EXERCISE AIM: Transcribe the stretch of entries below from the line with "filename src/Base.antt" through the line with "unfoldable pub use", exactly and with both ends included; leave out all other lines.

---*---

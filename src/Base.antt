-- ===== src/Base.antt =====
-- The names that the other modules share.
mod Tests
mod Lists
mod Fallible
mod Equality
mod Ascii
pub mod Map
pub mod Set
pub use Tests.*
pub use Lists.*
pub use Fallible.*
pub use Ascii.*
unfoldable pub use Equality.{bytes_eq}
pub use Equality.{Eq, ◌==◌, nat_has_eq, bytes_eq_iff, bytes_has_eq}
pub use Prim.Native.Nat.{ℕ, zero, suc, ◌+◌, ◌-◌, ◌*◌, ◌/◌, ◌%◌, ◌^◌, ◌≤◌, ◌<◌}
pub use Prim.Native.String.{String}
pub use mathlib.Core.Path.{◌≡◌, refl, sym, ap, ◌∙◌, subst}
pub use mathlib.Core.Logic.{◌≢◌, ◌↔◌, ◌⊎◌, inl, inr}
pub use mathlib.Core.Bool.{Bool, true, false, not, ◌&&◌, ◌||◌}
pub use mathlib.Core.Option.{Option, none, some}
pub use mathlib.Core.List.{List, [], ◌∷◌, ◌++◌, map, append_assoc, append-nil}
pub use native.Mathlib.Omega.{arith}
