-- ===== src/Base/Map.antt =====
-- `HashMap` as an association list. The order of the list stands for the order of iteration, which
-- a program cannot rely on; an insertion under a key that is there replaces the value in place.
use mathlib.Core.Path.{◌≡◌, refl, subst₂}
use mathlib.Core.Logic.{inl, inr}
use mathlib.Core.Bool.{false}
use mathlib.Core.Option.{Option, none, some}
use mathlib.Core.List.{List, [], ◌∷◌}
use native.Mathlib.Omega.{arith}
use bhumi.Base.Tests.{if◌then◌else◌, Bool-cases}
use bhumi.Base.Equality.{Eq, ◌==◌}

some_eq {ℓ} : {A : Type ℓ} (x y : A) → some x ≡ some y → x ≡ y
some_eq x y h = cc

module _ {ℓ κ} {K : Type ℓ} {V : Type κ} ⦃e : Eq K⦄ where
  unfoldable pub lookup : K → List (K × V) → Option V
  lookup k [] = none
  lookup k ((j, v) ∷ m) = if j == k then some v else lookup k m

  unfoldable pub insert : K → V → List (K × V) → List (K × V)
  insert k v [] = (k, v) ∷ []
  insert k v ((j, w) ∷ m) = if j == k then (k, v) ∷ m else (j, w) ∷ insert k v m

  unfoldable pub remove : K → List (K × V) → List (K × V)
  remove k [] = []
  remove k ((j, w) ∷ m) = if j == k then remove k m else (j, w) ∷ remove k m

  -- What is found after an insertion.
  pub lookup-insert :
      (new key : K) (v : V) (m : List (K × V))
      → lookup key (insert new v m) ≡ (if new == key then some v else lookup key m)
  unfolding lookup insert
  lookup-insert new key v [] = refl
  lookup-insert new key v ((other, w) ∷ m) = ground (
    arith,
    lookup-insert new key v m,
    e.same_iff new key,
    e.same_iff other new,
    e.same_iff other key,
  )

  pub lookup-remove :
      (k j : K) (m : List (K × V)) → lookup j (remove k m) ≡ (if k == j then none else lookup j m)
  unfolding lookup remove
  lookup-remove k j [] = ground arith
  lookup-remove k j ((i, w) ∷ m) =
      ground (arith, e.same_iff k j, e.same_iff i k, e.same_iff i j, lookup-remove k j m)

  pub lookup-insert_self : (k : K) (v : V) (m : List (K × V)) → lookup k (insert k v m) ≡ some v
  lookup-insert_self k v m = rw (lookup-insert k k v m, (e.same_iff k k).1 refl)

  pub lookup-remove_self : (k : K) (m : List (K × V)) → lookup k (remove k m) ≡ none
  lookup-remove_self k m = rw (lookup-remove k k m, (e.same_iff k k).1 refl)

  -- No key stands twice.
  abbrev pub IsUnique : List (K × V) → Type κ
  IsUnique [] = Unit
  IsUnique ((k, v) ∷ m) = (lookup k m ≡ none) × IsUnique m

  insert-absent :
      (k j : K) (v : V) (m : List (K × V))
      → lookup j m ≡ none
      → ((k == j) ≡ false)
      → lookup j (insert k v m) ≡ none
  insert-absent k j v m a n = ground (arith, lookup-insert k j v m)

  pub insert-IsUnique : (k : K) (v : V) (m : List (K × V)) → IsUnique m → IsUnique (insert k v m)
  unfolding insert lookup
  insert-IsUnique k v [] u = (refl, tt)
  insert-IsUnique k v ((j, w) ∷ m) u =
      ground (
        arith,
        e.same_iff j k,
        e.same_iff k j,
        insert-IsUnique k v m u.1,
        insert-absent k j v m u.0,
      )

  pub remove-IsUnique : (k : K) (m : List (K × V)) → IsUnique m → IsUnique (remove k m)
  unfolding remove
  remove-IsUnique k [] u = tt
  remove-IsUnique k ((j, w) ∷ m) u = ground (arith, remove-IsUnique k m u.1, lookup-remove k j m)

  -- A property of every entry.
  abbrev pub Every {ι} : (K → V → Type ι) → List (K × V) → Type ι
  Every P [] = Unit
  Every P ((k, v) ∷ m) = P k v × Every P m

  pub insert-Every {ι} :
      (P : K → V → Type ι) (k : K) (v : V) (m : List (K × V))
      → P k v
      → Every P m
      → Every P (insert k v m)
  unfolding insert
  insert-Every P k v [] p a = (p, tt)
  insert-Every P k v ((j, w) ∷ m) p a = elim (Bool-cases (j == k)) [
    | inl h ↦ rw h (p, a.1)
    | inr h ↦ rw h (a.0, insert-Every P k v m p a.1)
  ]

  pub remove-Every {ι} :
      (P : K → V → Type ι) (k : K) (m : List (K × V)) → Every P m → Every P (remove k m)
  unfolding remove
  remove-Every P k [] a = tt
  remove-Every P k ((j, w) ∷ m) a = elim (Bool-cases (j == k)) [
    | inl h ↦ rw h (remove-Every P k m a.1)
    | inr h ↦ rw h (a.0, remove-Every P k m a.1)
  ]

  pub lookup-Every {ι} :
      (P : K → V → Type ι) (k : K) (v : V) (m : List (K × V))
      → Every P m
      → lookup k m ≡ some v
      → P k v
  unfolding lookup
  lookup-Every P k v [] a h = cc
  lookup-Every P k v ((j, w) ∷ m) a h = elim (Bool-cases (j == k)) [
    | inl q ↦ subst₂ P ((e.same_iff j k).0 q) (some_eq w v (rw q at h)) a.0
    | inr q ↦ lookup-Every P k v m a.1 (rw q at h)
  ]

---*---

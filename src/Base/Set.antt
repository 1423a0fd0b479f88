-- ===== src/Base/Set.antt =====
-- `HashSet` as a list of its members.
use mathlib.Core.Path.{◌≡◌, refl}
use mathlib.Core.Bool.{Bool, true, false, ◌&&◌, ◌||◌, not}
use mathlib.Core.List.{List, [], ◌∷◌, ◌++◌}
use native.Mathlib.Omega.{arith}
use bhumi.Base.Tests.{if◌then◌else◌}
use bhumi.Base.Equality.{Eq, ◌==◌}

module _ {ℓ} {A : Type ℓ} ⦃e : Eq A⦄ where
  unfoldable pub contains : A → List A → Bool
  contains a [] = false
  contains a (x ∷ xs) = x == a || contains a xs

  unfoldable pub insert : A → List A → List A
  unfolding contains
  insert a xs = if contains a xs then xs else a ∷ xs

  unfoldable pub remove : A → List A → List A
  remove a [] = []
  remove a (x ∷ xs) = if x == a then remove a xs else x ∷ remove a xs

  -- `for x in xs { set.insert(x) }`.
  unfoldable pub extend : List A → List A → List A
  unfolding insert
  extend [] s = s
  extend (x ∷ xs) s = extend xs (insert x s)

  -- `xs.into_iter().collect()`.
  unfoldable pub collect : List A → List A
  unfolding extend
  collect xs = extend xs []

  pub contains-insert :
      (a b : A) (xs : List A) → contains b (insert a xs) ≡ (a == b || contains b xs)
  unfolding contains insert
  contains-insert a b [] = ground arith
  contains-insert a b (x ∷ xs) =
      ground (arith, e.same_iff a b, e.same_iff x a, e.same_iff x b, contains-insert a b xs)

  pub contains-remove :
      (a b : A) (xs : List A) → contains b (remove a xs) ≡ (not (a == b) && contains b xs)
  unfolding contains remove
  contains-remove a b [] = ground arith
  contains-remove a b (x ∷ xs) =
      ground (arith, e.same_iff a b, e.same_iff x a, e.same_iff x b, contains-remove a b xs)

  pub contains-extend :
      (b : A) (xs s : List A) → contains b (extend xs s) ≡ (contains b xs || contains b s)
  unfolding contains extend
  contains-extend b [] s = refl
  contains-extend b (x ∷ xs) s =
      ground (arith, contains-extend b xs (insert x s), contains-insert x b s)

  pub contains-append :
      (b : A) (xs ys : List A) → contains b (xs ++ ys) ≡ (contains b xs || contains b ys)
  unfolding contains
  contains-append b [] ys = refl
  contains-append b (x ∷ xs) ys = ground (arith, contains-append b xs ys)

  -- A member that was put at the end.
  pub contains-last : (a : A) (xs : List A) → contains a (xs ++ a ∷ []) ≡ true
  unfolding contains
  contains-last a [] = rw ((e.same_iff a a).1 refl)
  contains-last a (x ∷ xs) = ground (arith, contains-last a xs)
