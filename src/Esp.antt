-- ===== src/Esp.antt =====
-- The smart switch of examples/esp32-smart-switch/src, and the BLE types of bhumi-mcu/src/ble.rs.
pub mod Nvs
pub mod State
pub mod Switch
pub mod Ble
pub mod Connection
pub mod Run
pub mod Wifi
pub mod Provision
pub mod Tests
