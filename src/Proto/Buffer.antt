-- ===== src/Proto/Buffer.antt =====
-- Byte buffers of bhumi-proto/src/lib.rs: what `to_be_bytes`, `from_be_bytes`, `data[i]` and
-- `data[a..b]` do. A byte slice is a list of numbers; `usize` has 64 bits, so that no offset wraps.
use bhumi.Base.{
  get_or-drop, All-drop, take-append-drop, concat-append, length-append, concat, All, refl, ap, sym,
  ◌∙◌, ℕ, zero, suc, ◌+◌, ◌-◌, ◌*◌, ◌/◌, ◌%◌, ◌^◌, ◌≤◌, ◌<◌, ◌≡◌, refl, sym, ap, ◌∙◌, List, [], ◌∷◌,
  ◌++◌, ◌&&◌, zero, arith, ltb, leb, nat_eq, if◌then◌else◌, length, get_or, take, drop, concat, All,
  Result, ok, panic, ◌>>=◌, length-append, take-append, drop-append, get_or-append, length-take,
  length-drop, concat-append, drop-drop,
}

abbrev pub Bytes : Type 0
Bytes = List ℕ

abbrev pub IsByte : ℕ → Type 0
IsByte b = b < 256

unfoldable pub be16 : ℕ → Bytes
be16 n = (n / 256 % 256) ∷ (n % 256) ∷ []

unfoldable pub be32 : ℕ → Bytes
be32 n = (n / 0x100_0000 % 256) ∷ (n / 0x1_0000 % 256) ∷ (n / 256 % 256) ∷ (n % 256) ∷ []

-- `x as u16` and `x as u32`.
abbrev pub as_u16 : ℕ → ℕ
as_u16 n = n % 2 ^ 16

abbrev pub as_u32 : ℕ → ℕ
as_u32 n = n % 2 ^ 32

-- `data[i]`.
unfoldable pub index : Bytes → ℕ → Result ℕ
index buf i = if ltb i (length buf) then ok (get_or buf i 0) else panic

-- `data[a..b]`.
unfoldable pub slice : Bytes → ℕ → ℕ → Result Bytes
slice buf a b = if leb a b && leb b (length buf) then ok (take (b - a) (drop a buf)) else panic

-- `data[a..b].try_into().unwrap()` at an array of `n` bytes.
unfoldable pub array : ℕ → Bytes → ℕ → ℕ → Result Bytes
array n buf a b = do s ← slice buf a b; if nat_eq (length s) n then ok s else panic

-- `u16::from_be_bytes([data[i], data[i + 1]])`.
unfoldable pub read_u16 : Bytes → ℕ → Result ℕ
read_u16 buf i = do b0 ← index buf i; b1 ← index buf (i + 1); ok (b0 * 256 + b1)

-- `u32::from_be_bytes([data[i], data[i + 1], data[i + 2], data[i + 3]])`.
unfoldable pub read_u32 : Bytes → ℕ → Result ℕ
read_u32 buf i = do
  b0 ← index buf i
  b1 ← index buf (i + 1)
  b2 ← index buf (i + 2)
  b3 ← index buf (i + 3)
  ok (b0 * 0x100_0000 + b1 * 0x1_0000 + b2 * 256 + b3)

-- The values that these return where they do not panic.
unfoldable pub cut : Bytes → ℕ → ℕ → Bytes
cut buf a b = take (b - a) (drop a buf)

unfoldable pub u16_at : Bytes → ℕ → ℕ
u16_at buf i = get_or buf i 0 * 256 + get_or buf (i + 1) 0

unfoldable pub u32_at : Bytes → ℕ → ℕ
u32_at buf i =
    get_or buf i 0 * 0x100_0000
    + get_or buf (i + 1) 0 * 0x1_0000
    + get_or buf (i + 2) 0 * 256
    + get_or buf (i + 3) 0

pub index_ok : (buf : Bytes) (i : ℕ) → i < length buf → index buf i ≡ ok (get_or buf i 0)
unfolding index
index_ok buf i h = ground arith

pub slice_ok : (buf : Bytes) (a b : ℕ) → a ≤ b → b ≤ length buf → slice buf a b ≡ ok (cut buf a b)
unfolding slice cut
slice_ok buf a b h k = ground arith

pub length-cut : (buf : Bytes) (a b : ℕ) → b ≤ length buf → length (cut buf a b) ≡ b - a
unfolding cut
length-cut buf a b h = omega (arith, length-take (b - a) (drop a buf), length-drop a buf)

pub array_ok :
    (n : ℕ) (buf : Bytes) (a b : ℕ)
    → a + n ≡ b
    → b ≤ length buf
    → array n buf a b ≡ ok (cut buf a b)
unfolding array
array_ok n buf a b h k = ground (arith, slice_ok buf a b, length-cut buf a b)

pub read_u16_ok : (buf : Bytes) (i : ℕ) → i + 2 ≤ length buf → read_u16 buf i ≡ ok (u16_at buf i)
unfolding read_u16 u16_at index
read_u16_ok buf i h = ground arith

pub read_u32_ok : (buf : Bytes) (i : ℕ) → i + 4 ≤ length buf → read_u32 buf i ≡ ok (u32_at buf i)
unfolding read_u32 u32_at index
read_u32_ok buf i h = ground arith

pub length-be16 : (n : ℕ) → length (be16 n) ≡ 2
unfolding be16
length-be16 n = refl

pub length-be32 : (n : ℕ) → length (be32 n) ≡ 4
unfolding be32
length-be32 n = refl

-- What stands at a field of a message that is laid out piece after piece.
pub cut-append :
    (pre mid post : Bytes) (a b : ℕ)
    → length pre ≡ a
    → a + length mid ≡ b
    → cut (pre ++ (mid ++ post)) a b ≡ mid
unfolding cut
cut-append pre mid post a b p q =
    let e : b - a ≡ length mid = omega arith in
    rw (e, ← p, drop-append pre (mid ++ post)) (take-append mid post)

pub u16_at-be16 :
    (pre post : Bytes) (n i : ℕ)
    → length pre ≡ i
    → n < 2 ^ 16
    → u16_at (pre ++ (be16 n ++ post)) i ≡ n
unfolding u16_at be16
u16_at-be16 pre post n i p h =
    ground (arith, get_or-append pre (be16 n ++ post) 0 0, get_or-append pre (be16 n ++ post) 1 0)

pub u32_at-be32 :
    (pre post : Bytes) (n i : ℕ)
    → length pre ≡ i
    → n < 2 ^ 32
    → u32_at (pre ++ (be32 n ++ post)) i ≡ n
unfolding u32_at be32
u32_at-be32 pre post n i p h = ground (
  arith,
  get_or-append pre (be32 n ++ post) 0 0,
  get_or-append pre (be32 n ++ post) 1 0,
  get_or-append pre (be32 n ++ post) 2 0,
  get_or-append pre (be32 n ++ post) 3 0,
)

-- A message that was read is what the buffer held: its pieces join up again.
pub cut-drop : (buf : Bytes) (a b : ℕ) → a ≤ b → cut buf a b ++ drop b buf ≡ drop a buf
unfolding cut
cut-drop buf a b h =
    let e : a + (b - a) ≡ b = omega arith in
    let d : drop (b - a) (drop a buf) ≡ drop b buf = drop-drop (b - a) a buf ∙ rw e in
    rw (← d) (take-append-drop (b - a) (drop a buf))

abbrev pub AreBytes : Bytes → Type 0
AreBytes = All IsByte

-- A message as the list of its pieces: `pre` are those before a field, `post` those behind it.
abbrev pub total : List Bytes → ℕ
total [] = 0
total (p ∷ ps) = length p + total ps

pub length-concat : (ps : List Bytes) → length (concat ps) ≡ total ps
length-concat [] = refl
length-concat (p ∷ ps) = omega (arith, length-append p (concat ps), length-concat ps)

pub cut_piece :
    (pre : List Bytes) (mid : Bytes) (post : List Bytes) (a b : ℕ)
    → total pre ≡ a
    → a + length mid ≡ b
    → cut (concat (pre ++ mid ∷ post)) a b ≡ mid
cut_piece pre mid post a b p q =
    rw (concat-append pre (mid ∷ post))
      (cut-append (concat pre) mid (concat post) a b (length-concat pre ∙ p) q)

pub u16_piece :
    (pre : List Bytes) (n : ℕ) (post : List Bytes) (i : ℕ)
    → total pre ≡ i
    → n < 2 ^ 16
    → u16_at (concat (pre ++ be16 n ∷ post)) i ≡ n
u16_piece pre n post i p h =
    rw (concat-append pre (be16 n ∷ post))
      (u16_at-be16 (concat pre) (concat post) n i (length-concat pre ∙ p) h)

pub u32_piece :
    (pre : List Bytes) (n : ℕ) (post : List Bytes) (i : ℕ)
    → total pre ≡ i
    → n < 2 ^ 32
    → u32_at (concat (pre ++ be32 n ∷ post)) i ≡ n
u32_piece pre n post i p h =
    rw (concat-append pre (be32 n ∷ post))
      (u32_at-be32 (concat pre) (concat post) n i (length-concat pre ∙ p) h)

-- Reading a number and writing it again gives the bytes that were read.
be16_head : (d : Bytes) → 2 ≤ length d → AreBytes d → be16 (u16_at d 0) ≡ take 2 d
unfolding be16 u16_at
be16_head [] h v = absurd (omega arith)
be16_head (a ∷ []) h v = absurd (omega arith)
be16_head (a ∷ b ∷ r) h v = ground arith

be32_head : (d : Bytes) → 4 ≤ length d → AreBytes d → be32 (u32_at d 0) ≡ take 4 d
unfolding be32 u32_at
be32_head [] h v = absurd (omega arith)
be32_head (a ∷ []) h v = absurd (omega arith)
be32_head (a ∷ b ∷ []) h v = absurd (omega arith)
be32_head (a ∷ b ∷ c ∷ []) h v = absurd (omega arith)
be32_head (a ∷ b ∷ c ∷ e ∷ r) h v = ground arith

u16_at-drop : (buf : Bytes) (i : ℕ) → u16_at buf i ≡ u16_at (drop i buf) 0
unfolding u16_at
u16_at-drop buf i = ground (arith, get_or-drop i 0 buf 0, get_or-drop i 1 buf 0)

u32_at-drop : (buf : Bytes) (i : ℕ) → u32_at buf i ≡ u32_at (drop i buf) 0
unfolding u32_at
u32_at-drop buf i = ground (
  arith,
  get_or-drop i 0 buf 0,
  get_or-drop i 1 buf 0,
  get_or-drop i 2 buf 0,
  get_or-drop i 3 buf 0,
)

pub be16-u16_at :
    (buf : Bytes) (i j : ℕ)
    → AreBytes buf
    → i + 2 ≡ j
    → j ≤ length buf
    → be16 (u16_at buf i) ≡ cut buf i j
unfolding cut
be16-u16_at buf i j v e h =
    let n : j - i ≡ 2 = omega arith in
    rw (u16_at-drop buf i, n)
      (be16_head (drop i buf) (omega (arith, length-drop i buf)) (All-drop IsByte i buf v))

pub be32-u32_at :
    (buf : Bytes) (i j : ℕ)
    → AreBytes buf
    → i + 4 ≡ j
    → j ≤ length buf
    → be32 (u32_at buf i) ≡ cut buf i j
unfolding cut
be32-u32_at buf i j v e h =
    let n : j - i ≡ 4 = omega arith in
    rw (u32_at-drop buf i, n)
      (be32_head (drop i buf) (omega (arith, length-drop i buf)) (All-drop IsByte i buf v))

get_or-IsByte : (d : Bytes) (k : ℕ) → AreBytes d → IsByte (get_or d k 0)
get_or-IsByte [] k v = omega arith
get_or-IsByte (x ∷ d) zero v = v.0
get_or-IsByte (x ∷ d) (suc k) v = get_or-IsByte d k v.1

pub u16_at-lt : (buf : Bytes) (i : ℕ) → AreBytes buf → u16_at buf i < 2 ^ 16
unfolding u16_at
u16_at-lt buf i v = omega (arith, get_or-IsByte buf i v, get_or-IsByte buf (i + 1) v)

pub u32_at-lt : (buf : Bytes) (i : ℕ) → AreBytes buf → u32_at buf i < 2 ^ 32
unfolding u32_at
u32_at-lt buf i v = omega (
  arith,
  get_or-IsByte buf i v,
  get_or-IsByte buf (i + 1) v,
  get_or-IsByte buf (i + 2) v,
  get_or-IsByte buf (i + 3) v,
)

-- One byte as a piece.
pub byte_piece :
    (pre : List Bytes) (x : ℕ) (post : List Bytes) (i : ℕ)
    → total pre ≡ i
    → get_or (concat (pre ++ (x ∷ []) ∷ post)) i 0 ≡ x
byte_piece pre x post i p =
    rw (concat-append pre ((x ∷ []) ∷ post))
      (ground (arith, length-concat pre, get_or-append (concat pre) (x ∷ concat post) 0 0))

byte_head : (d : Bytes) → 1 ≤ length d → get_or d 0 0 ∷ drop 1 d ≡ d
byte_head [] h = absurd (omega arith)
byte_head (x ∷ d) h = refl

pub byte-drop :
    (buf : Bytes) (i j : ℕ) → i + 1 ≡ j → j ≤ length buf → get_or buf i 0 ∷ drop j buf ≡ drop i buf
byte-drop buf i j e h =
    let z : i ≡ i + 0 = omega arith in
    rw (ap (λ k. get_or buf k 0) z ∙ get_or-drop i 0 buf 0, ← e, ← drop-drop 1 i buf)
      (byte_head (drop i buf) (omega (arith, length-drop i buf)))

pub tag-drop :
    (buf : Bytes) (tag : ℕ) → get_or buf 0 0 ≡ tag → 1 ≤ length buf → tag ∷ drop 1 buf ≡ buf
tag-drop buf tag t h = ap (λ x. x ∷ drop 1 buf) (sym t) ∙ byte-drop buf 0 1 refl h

---*---

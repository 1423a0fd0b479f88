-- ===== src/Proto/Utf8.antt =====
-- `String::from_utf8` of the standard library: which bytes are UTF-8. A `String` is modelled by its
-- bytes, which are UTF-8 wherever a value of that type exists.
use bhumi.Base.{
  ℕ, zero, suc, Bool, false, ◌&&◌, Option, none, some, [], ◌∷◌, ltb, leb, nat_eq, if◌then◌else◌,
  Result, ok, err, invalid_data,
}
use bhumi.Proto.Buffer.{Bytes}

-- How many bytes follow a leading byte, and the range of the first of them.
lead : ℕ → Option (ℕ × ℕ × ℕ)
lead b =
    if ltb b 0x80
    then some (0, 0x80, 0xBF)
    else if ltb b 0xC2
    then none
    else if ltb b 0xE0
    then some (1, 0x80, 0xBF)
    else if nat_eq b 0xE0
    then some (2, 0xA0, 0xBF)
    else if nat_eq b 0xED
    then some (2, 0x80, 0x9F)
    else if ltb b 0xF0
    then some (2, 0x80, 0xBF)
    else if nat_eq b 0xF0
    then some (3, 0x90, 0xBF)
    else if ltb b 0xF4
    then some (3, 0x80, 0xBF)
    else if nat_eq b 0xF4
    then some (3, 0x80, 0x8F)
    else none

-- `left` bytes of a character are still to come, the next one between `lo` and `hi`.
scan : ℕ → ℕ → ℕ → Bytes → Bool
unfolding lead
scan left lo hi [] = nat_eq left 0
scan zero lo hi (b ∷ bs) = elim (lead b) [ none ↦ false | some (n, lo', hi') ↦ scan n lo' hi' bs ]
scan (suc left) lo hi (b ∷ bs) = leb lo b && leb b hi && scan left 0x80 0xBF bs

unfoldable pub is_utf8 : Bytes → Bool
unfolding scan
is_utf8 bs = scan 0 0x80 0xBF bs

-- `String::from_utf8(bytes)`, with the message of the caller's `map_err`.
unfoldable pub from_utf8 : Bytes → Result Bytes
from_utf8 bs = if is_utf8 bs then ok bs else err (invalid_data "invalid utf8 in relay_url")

---*---

ANSWER TO THIS EXERCISE:
filename src/Base.antt
-- ===== src/Base.antt =====
-- The names that the other modules share.
mod Tests
mod Lists
mod Fallible
mod Equality
mod Ascii
pub mod Map
pub mod Set
pub use Tests.*
pub use Lists.*
pub use Fallible.*
pub use Ascii.*
unfoldable pub use Equality.{bytes_eq}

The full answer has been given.